CREATE OR REPLACE TABLE driver_data (
    location_id INT,
    truck_driver_id INT,
    dumping_date DATE,
    sand_tonnage DECIMAL(10, 2),
    dumping_time TIME,
    dumping_location VARCHAR(100),
    weather_conditions VARCHAR(50),
    sand_source VARCHAR(100)
);

Then we can cross analyze this table with our oil production data.

  • Analyzing Sand Dumping Locations and Oil Wells by Truck Driver: This will provide an overview of the sand-dumping locations, the total sand tonnage dumped, and the oil wells serviced by each truck driver.

    WITH TruckDriverSummary AS (
        SELECT
            sdd.truck_driver_id,
            sdd.dumping_location,
            SUM(sdd.sand_tonnage) AS total_sand_tonnage,
            ARRAY_AGG(DISTINCT owp.well_name) AS serviced_wells
        FROM
            driver_data AS sdd
        LEFT JOIN
            oil_well_production AS owp
        ON
            sdd.location_id = owp.well_id
            AND EXTRACT(YEAR FROM sdd.dumping_date) = owp.year
        WHERE
            EXTRACT(YEAR FROM sdd.dumping_date) = 2022
        GROUP BY
            sdd.truck_driver_id, sdd.dumping_location
    )
    SELECT
        tds.truck_driver_id,
        tds.dumping_location,
        tds.total_sand_tonnage,
        tds.serviced_wells
    FROM
        TruckDriverSummary AS tds
    ORDER BY
        tds.truck_driver_id, tds.dumping_location;
    
  • Correlating Tonnage and Weather: We can also check the correlation between the tonnage of sand dumped and weather conditions during the dumping process.

    SELECT
        weather_conditions,
        AVG(sand_tonnage) AS avg_sand_tonnage
    FROM
        driver_data
    WHERE
        EXTRACT(YEAR FROM dumping_date) = 2022
    GROUP BY
        weather_conditions
    ORDER BY
        avg_sand_tonnage DESC;
    

Great! We delved into production trends and operating efficiency to answer a ton (pun-intended) of critical questions to optimize performance and allow our company to allocate resources effectively.

Safeguarding Data

Regulatory compliance and auditing are integral to financial operations. By granting authorized teams direct data access, organizations can maintain comprehensive records and demonstrate transparency and compliance with greater ease. Let's assume for our fictional company that the accounting team is responsible for this reporting. Ultimately, the amount of control you want to hand over depends on your process ability to backfill, pipeline retries, and organizational processes.

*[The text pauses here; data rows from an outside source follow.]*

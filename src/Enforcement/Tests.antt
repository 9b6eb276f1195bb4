-- ===== src/Enforcement/Tests.antt =====
-- Runs of kazenai/enforcement.py under a cap of 100 and a limit of 2 calls in 60 seconds.
use kazenai_core.Base.{◌≡◌, ◌↔◌, refl, false, none, some, [], ◌∷◌, length, keep, arith}
use kazenai_core.Base.Amount.{pos, ◌+ℤ◌, ◌-ℤ◌, ◌≤ℤ◌, floor_zero}
use kazenai_core.Enforcement.Window.{is_recent, Ascends, check_local-rate}
use kazenai_core.Enforcement.Holds.{here, started, checks, records, IsCovered}
use kazenai_core.Enforcement.Exposure.{Reaches-IsCovered}
use kazenai_core.Enforcement.{
  Enforcement, init, check_local, record_call, remaining_budget, admitted, rate_limited,
  is_rate_limited, popleft_before, check_budget, hold,
}

abbrev capped : Enforcement
capped = record {
  max_cost = some (pos 100);
  calls_per_minute = some (pos 2);
  window = pos 60;
  cumulative_cost = pos 30;
  pending_projected = pos 20;
  call_timestamps = pos 10 ∷ pos 50 ∷ pos 65 ∷ [];
}

abbrev fresh : Enforcement
fresh = init (some (pos 100)) none (pos 60)

ascending : Ascends (pos 10 ∷ pos 50 ∷ pos 65 ∷ [])
ascending = ((omega arith, (omega arith, tt)), ((omega arith, tt), (tt, tt)))

left_over : remaining_budget capped ≡ some (pos 50)
unfolding remaining_budget ◌+ℤ◌ ◌-ℤ◌
left_over = refl

allowed : (check_local (pos 120) (pos 40) capped).1 ≡ admitted (pos 40)
unfolding check_local is_rate_limited popleft_before check_budget hold ◌+ℤ◌ ◌-ℤ◌
allowed = refl

fresh_allowed : (check_local (pos 5) (pos 40) fresh).1 ≡ admitted (pos 40)
unfolding init check_local is_rate_limited popleft_before check_budget hold ◌+ℤ◌ ◌-ℤ◌
fresh_allowed = refl

-- At 80, the call at 10 has left the window, and two calls are in it.
check_local-rate_example :
    ((check_local (pos 80) (pos 5) capped).1 ≡ rate_limited)
    ↔ (pos 2 ≤ℤ pos (length (keep (is_recent (pos 80 -ℤ pos 60)) (pos 10 ∷ pos 50 ∷ pos 65 ∷ []))))
check_local-rate_example = check_local-rate (pos 80) (pos 5) (pos 2) capped ascending refl

-- A call is held at 40 and costs 45: the cap is passed by 5 at most.
Reaches-IsCovered_example :
    IsCovered
      (pos 100)
      (record_call (pos 9) (some (pos 45)) false (pos 40) (check_local (pos 5) (pos 40) fresh).0).0
      []
      (pos 0 +ℤ floor_zero (pos 45 -ℤ pos 40))
Reaches-IsCovered_example = Reaches-IsCovered (omega arith) (
    records (pos 9) (pos 45) (pos 40) false
      (checks (pos 5) (pos 40) (pos 40) (started none (pos 60)) (omega arith) fresh_allowed) here
      (omega arith))
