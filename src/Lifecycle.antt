-- ===== src/Lifecycle.antt =====
-- The environment that kazenai/deployment.py and kazenai/lifecycle_config.py read, and what they raise. A
-- variable that is not set reads as an empty text, as `env.get(key) or ""` does. A value is the list
-- of its code points, stripped and in lower case; capital letters are those of ASCII.
use kazenai_core.Base.{◌≡◌, refl, ap, ℕ, Bool, true, false, String, List, [], ◌∷◌, any}
use kazenai_core.Base.Text.{strip, lower_codes, codes, codes_eq}
pub mod Deployment
pub mod Modes
pub mod Strict
pub mod Config
pub mod Branches
pub mod Resolve
pub mod Policy
pub mod Precedence
pub mod Opening
pub mod Runtime
pub mod Starting
pub mod Server
pub mod Served
mod Tests

pub data Var : Type 0 where
  deployment_mode kazenai_env finops_env agentlens_env : Var
  finops_control_profile control_profile kazenai_profile strict_budget allow_ambiguous : Var
  finops_url finops_ingest_url : Var
  enforcement_mode finops_enforcement_mode reservation_mode default_org_id : Var

abbrev pub Env : Type 0
Env = Var → String

-- `(value or "").strip().lower()`.
unfoldable pub norm : String → List ℕ
norm value = lower_codes (strip value)

abbrev pub is_set : List ℕ → Bool
is_set [] = false
is_set (c ∷ cs) = true

unfoldable pub is_word : String → List ℕ → Bool
is_word word raw = codes_eq raw (codes word)

-- `raw in {…}`.
unfoldable pub is_in : List String → List ℕ → Bool
is_in words raw = any (λ word. is_word word raw) words

pub data Mode : Type 0 where
  development test staging production : Mode

-- A variable whose value is not a mode, or the modes that the variables name.
pub data ModeConflict : Type 0 where
  not_a_mode : Var → List ℕ → ModeConflict
  disagree : List (Var × Mode) → ModeConflict

pub data LifecycleError : Type 0 where
  deployment_mode_conflict : ModeConflict → LifecycleError
  invalid_profile_value invalid_strict_value invalid_owner : List ℕ → LifecycleError
  profile_conflict failure_policy_conflict : LifecycleError
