-- ===== src/Lifecycle/Deployment.antt =====
-- kazenai/deployment.py: the deployment mode of an environment.
use kazenai_core.Base.{
  ℕ, ltb, ◌==◌, Bool, true, false, not, ◌&&◌, List, [], ◌∷◌, any, Option, none, some, if◌then◌else◌,
}
use kazenai_core.Lifecycle.{
  Var, deployment_mode, kazenai_env, finops_env, agentlens_env, Env, norm, is_set, is_in, is_word,
  Mode, development, test, staging, production, ModeConflict, not_a_mode, disagree,
}
use kazenai_core.Base.Results.{Result, ok, refused, ◌>>=◌}

abbrev pub mode_vars : List Var
mode_vars = deployment_mode ∷ kazenai_env ∷ finops_env ∷ agentlens_env ∷ []

-- `_MODE_ALIASES.get`.
unfoldable pub mode_of : List ℕ → Option Mode
mode_of raw =
    if is_in ("development" ∷ "dev" ∷ "local" ∷ []) raw
    then some development
    else if is_in ("test" ∷ "testing" ∷ "ci" ∷ []) raw
    then some test
    else if is_in ("staging" ∷ "stage" ∷ []) raw
    then some staging
    else if is_in ("production" ∷ "prod" ∷ "saas" ∷ []) raw
    then some production
    else none

abbrev pub restrictiveness : Mode → ℕ
restrictiveness development = 0
restrictiveness test = 1
restrictiveness staging = 2
restrictiveness production = 3

-- `mode in PRODUCTION_LIKE_MODES`.
abbrev pub is_production_like : Mode → Bool
is_production_like staging = true
is_production_like production = true
is_production_like _ = false

-- `deployment_mode_signals`, of the variables of a list.
unfoldable pub signals : Env → List Var → List (Var × List ℕ)
signals env [] = []
signals env (v ∷ vs) =
    let rest = signals env vs in if is_set (norm (env v)) then (v, norm (env v)) ∷ rest else rest

-- The mode of one value. An unknown value raises under `strict`, and otherwise fails safe.
abbrev pub canonical_mode : Bool → Var → List ℕ → Option Mode → Result ModeConflict Mode
canonical_mode strict v raw (some mode) = ok mode
canonical_mode true v raw none = refused (not_a_mode v raw)
canonical_mode false v raw none = ok production

unfoldable pub canonical : Bool → List (Var × List ℕ) → Result ModeConflict (List (Var × Mode))
canonical strict [] = ok []
canonical strict ((v, raw) ∷ rest) =
    let later = canonical strict rest in
    do mode ← canonical_mode strict v raw (mode_of raw); modes ← later; ok ((v, mode) ∷ modes)

abbrev pub is_mode : Mode → Mode → Bool
is_mode a b = restrictiveness a == restrictiveness b

-- `max(distinct, key=…)`, from a first mode on.
unfoldable pub most_restrictive : Mode → List (Var × Mode) → Mode
most_restrictive mode [] = mode
most_restrictive mode (signal ∷ rest) =
    most_restrictive
      (if ltb (restrictiveness mode) (restrictiveness signal.1) then signal.1 else mode) rest

-- The mode of what the variables name.
unfoldable pub agree_on : Bool → List (Var × Mode) → Result ModeConflict Mode
agree_on strict [] = ok development
agree_on strict (signal ∷ rest) =
    if any (λ other. not (is_mode signal.1 other.1)) rest && strict
    then refused (disagree (signal ∷ rest))
    else ok (most_restrictive signal.1 rest)

-- `resolve_deployment_mode`, over the values that are set.
unfoldable pub resolve_signals : Bool → List (Var × List ℕ) → Result ModeConflict Mode
resolve_signals strict values = do modes ← canonical strict values; agree_on strict modes

unfoldable pub resolve_deployment_mode : Bool → Env → Result ModeConflict Mode
resolve_deployment_mode strict env = resolve_signals strict (signals env mode_vars)

-- `is_dev_env`.
unfoldable pub is_dev_env : Env → Bool
is_dev_env env = is_word "dev" (norm (env kazenai_env))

For example, we can allow them to retrieve data without modifying it.

GRANT SELECT ON oil_well_production TO ROLE accounting;
GRANT SELECT ON sand_dumping_data TO ROLE accounting;

Or we can grant USAGE privileges on those schemas to allow the accounting role to see the objects within them.

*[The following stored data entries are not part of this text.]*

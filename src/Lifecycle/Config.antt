-- ===== src/Lifecycle/Config.antt =====
-- kazenai/lifecycle_config.py: the values of the resolver and how the variables of profiles are read. The
-- texts of diagnostics and deprecations are constructors.
use kazenai_core.Base.{
  ℕ, Bool, true, false, not, List, [], ◌∷◌, any, Option, none, some, if◌then◌else◌,
}
use kazenai_core.Base.Text.{is_empty, strip}
use kazenai_core.Lifecycle.{
  Var, finops_control_profile, control_profile, kazenai_profile, finops_url, finops_ingest_url, Env,
  norm, is_set, is_in, ModeConflict, LifecycleError, deployment_mode_conflict,
  invalid_profile_value, invalid_strict_value,
}
use kazenai_core.Base.Results.{Result, ok, refused, ◌>>=◌}

pub data Profile : Type 0 where
  control legacy : Profile

pub data AccountingMode : Type 0 where
  reservation_settlement legacy_check_reconcile : AccountingMode

pub data FailurePolicy : Type 0 where
  fail_closed fail_open : FailurePolicy

pub data Owner : Type 0 where
  sdk server : Owner

pub data LifecycleVersion : Type 0 where
  reservation_lifecycle_v1 legacy_check_reconcile_v1 : LifecycleVersion

-- Where the profile comes from, or the failure policy where no profile is set.
pub data Source : Type 0 where
  unset default_finops_configured : Source
  from : Var → Source

pub data Deprecation : Type 0 where
  alias : Var → Deprecation
  strict_selects_policy_only explicit_legacy : Deprecation

pub data Diagnostic : Type 0 where
  ambiguous_migration control_fail_open production_default fail_open_ignored : Diagnostic

pub record EffectiveLifecycleConfig : Type 0 where
  pub profile : Profile
  pub accounting_mode : AccountingMode
  pub failure_policy : FailurePolicy
  pub accounting_owner : Owner
  pub lifecycle_version : LifecycleVersion
  pub source : Source
  pub sources : List (Var × List ℕ)
  pub deprecations : List Deprecation
  pub diagnostics : List Diagnostic

abbrev pub Outcome {ℓ} : Type ℓ → Type ℓ
Outcome A = Result LifecycleError A

-- A conflict of modes as an error of the resolver.
abbrev pub as_lifecycle {ℓ} : {A : Type ℓ} → Result ModeConflict A → Outcome A
as_lifecycle (ok a) = ok a
as_lifecycle (refused conflict) = refused (deployment_mode_conflict conflict)

abbrev pub profile_vars : List Var
profile_vars = finops_control_profile ∷ control_profile ∷ kazenai_profile ∷ []

-- `_classify_profile_token`, of a text that is not empty.
unfoldable pub classify_profile : List ℕ → Outcome Profile
classify_profile raw =
    if is_in ("1" ∷ "true" ∷ "yes" ∷ "control" ∷ []) raw
    then ok control
    else if is_in ("0" ∷ "false" ∷ "no" ∷ "off" ∷ "legacy" ∷ "disabled" ∷ []) raw
    then ok legacy
    else refused (invalid_profile_value raw)

-- `_classify_strict_token`.
unfoldable pub classify_strict : List ℕ → Outcome (Option Bool)
classify_strict raw =
    if not (is_set raw)
    then ok none
    else if is_in ("1" ∷ "true" ∷ "yes" ∷ "strict" ∷ []) raw
    then ok (some true)
    else if is_in ("0" ∷ "false" ∷ "no" ∷ "off" ∷ "disabled" ∷ []) raw
    then ok (some false)
    else refused (invalid_strict_value raw)

-- A profile variable that is set, with its value and what the value stands for.
pub record Alias : Type 0 where
  pub var : Var
  pub raw : List ℕ
  pub label : Profile

-- The loop over the profile variables.
unfoldable pub classified : Env → List Var → Outcome (List Alias)
classified env [] = ok []
classified env (v ∷ vs) =
    let later = classified env vs in
    if is_set (norm (env v))
    then (do
      label ← classify_profile (norm (env v))
      aliases ← later
      ok (record { var = v; raw = norm (env v); label = label } ∷ aliases))
    else later

abbrev is_canonical : Var → Bool
is_canonical finops_control_profile = true
is_canonical _ = false

unfoldable pub alias_deprecations : List Alias → List Deprecation
alias_deprecations [] = []
alias_deprecations (a ∷ rest) =
    let later = alias_deprecations rest in if is_canonical a.var then later else alias a.var ∷ later

abbrev pub is_same : Profile → Profile → Bool
is_same control control = true
is_same legacy legacy = true
is_same _ _ = false

-- Whether the aliases name two profiles.
unfoldable pub aliases_disagree : List Alias → Bool
aliases_disagree [] = false
aliases_disagree (a ∷ rest) = any (λ (b : Alias). not (is_same a.label b.label)) rest

-- The first variable with the URL of the service.
unfoldable pub finops_url_key : Env → Option Var
finops_url_key env =
    if not (is_empty (strip (env finops_url)))
    then some finops_url
    else if not (is_empty (strip (env finops_ingest_url)))
    then some finops_ingest_url
    else none

-- The profile and its source: those of the first alias, or the defaults.
unfoldable pub winning : List Alias → Option Var → Profile × Source
winning (a ∷ rest) url = (a.label, from a.var)
winning [] (some key) = (control, default_finops_configured)
winning [] none = (legacy, unset)
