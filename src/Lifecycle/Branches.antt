-- ===== src/Lifecycle/Branches.antt =====
-- kazenai/lifecycle_config.py: the failure policy of each profile, and the owner.
use kazenai_core.Base.{
  ℕ, Bool, true, false, not, ◌&&◌, ◌||◌, String, List, [], ◌∷◌, ◌++◌, Option, none, some,
  if◌then◌else◌,
}
use kazenai_core.Base.Text.{is_empty}
use kazenai_core.Lifecycle.{
  deployment_mode, strict_budget, enforcement_mode, reservation_mode, Env, norm, is_set, is_word,
  Mode, LifecycleError, invalid_owner, failure_policy_conflict,
}
use kazenai_core.Base.Results.{Result, ok, refused, ◌>>◌, refuse_if}
use kazenai_core.Lifecycle.Deployment.{resolve_deployment_mode, is_production_like, is_dev_env}
use kazenai_core.Lifecycle.Config.{
  FailurePolicy, fail_closed, fail_open, Owner, sdk, server, Source, unset, from, Diagnostic,
  ambiguous_migration, control_fail_open, production_default, fail_open_ignored, Outcome,
  as_lifecycle,
}

abbrev pub policy_word : List ℕ → Option FailurePolicy
policy_word raw =
    if is_word "fail_open" raw
    then some fail_open
    else if is_word "fail_closed" raw
    then some fail_closed
    else none

abbrev pub or_policy : Option FailurePolicy → Option FailurePolicy → Option FailurePolicy
or_policy none later = later
or_policy (some policy) later = some policy

-- What the modes of enforcement or else of reservation say.
unfoldable pub explicit_policy : Env → Option FailurePolicy
explicit_policy env =
    or_policy (policy_word (norm (env enforcement_mode)))
      (policy_word (norm (env reservation_mode)))

pub record Policy : Type 0 where
  pub policy : FailurePolicy
  pub policy_source : Source
  pub notes : List Diagnostic

-- `strict_enabled is False`.
abbrev pub is_disabled : Option Bool → Bool
is_disabled none = false
is_disabled (some enabled) = not enabled

-- The branch of the Control profile.
unfoldable pub control_policy : Env → Bool → Option Bool → Source → Outcome Policy
control_policy env ambiguous strict source = do
  refuse_if (is_disabled strict && not ambiguous) failure_policy_conflict
  let notes = if is_disabled strict then ambiguous_migration ∷ [] else []
  let opens =
      is_word "fail_open" (norm (env enforcement_mode))
      || is_word "fail_open" (norm (env reservation_mode))
  ok (
      if opens
      then record {
        policy = fail_open;
        policy_source = source;
        notes = notes ++ control_fail_open ∷ [];
      }
      else record { policy = fail_closed; policy_source = source; notes = notes })

-- The mode that the legacy branch reads: that of the argument where one is given.
abbrev only_mode : String → Env
only_mode text deployment_mode = text
only_mode text _ = ""

unfoldable pub mode_for : Mode → Option String → Result LifecycleError Mode
mode_for resolved none = ok resolved
mode_for resolved (some text) =
    if is_empty text
    then ok resolved
    else as_lifecycle (resolve_deployment_mode false (only_mode text))

abbrev strict_source : Source → Source
strict_source unset = from strict_budget
strict_source source = source

-- The policy that the legacy profile has without explicit modes.
unfoldable pub legacy_default : Mode → Option Bool → Source → Policy
legacy_default mode (some true) source = record {
  policy = fail_closed;
  policy_source = strict_source source;
  notes = [];
}
legacy_default mode (some false) source = record {
  policy = fail_open;
  policy_source = source;
  notes = [];
}
legacy_default mode none source =
    if is_production_like mode
    then record { policy = fail_closed; policy_source = source; notes = production_default ∷ [] }
    else record { policy = fail_open; policy_source = source; notes = [] }

abbrev pub with_policy : Option FailurePolicy → Policy → Policy
with_policy none chosen = chosen
with_policy (some policy) chosen = record chosen { policy = policy }

-- The branch of the legacy profile.
unfoldable pub legacy_policy : Env → Mode → Option Bool → Source → Policy
legacy_policy env mode strict source =
    with_policy (explicit_policy env) (legacy_default mode strict source)

abbrev pub open_in : Bool → FailurePolicy → Policy → Policy
open_in dev fail_closed p = p
open_in true fail_open p = p
open_in false fail_open p = record p {
  policy = fail_closed;
  notes = p.notes ++ fail_open_ignored ∷ [];
}

-- `fail_open` takes effect only where KAZENAI_ENV is dev.
unfoldable pub effective : Env → Policy → Policy
effective env p = open_in (is_dev_env env) p.policy p

-- The accounting owner of the argument, `sdk` where it is empty.
unfoldable pub owner_of : String → Outcome Owner
owner_of text =
    let owner = norm text in
    if not (is_set owner) || is_word "sdk" owner
    then ok sdk
    else if is_word "gateway" owner || is_word "server" owner
    then ok server
    else refused (invalid_owner owner)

GRANT USAGE ON SCHEMA your_schema TO ROLE accounting;

Depending on your specific use case, you may need to grant additional privileges such as INSERT, UPDATE, DELETE, or EXECUTE on specific stored procedures.

GRANT INSERT ON sand_dumping_data TO ROLE accounting;

And finally, you can grant access on a schema level for future tables.

GRANT USAGE, SELECT ON SCHEMA your_schema TO ROLE accounting;

Closing Thoughts

We just harnessed the power of simple SQL and expanded datasets to uncover valuable insights and empowered decision-makers with actionable knowledge. Our exploration has showcased the vital role that data plays in steering the industry toward optimized operations, cost-efficiency, and strategic growth.

Whether it's enabling accounting teams to make informed financial decisions or helping field operators fine-tune well productivity, the data we've dissected has become a compass for smarter, more responsive decision-making. In this data-rich landscape, where every bit and byte holds the potential to fuel progress.

I'll be making a seperate post going over how to document processes like these so that future changes are easily applied to new pipelines and datasets.